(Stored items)
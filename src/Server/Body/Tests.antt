-- ===== src/Server/Body/Tests.antt =====
-- A body with one member, and one that is too long.
use medb.Base.{
  ◌≡◌, refl, ◌≤◌, true, false, not, some, is_some, [], ◌∷◌, any_of, Map, Bytes, bytes, bytes_eq,
  insert, keys, length, lookup,
}
use medb.Db.Opening.{negsuc}
use medb.Server.Fields.{good, check_fields}
use medb.Server.Sample.{host}
use medb.Server.Unicode.{valid_json_unicode}
use medb.Server.Handlers.{read_object}
use medb.Server.Body.{Incoming, BodyReader, collect, decode_body, spell, AreDistinct}
use medb.Server.Body.Accepted.{read_object_lem}

abbrev one : Map Bytes
one = (bytes "id", bytes "7") ∷ []

abbrev reader : BodyReader
reader = record { media_type = λ b. some b; valid_json = λ b. true; decode = λ b. some (spell one) }

abbrev request : Bytes → Incoming
request sent = record {
  content_encoding = [];
  content_type = bytes "application/json";
  content_length = negsuc 0;
  sent = sent;
  broken = false;
}

abbrev body : Bytes
body = bytes "{\"id\":7}"

accepted :
    read_object (bytes "id" ∷ []) (bytes "id" ∷ []) (decode_body host reader 9 (request body))
    ≡ good one
unfolding read_object decode_body bytes_eq valid_json_unicode spell collect insert lookup
    check_fields
accepted = refl

read_object_lem_example :
    ((◌≡◌ {A = Bytes} [] [])
      × (some (bytes "application/json") ≡ some (bytes "application/json"))
      × (length body ≤ 9)
      × (false ≡ false)
      × (true ≡ true)
      × (valid_json_unicode body ≡ some true)
      × (true ≡ true))
    × ((ms : Map Bytes) × (some (spell one) ≡ some (spell ms))
        × AreDistinct (keys ms)
        × ((name : Bytes) → lookup name one ≡ lookup name ms))
    × (any_of (λ name. not (any_of (λ n. bytes_eq n name) (bytes "id" ∷ []))) (keys one) ≡ false)
    × (any_of (λ name. not (is_some (lookup name one))) (bytes "id" ∷ []) ≡ false)
read_object_lem_example =
    read_object_lem host reader (bytes "id" ∷ []) (bytes "id" ∷ []) 9 (request body) one accepted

WHAT THE TASK REQUIRES — The data above needs to be repeated exactly, line for line.

REPLY TO THE EXERCISE —
filename src/Server/Body/Tests.antt
-- ===== src/Server/Body/Tests.antt =====
-- A body with one member, and one that is too long.
use medb.Base.{
  ◌≡◌, refl, ◌≤◌, true, false, not, some, is_some, [], ◌∷◌, any_of, Map, Bytes, bytes, bytes_eq,
  insert, keys, length, lookup,
}
use medb.Db.Opening.{negsuc}
use medb.Server.Fields.{good, check_fields}
use medb.Server.Sample.{host}
use medb.Server.Unicode.{valid_json_unicode}
use medb.Server.Handlers.{read_object}
use medb.Server.Body.{Incoming, BodyReader, collect, decode_body, spell, AreDistinct}
use medb.Server.Body.Accepted.{read_object_lem}

abbrev one : Map Bytes
one = (bytes "id", bytes "7") ∷ []

abbrev reader : BodyReader
reader = record { media_type = λ b. some b; valid_json = λ b. true; decode = λ b. some (spell one) }

abbrev request : Bytes → Incoming
request sent = record {
  content_encoding = [];
  content_type = bytes "application/json";
  content_length = negsuc 0;
  sent = sent;
  broken = false;
}

abbrev body : Bytes
body = bytes "{\"id\":7}"

accepted :
    read_object (bytes "id" ∷ []) (bytes "id" ∷ []) (decode_body host reader 9 (request body))
    ≡ good one
unfolding read_object decode_body bytes_eq valid_json_unicode spell collect insert lookup
    check_fields
accepted = refl

read_object_lem_example :
    ((◌≡◌ {A = Bytes} [] [])
      × (some (bytes "application/json") ≡ some (bytes "application/json"))
      × (length body ≤ 9)
      × (false ≡ false)
      × (true ≡ true)
      × (valid_json_unicode body ≡ some true)
      × (true ≡ true))
    × ((ms : Map Bytes) × (some (spell one) ≡ some (spell ms))
        × AreDistinct (keys ms)
        × ((name : Bytes) → lookup name one ≡ lookup name ms))
    × (any_of (λ name. not (any_of (λ n. bytes_eq n name) (bytes "id" ∷ []))) (keys one) ≡ false)
    × (any_of (λ name. not (is_some (lookup name one))) (bytes "id" ∷ []) ≡ false)
read_object_lem_example =
    read_object_lem host reader (bytes "id" ∷ []) (bytes "id" ∷ []) 9 (request body) one accepted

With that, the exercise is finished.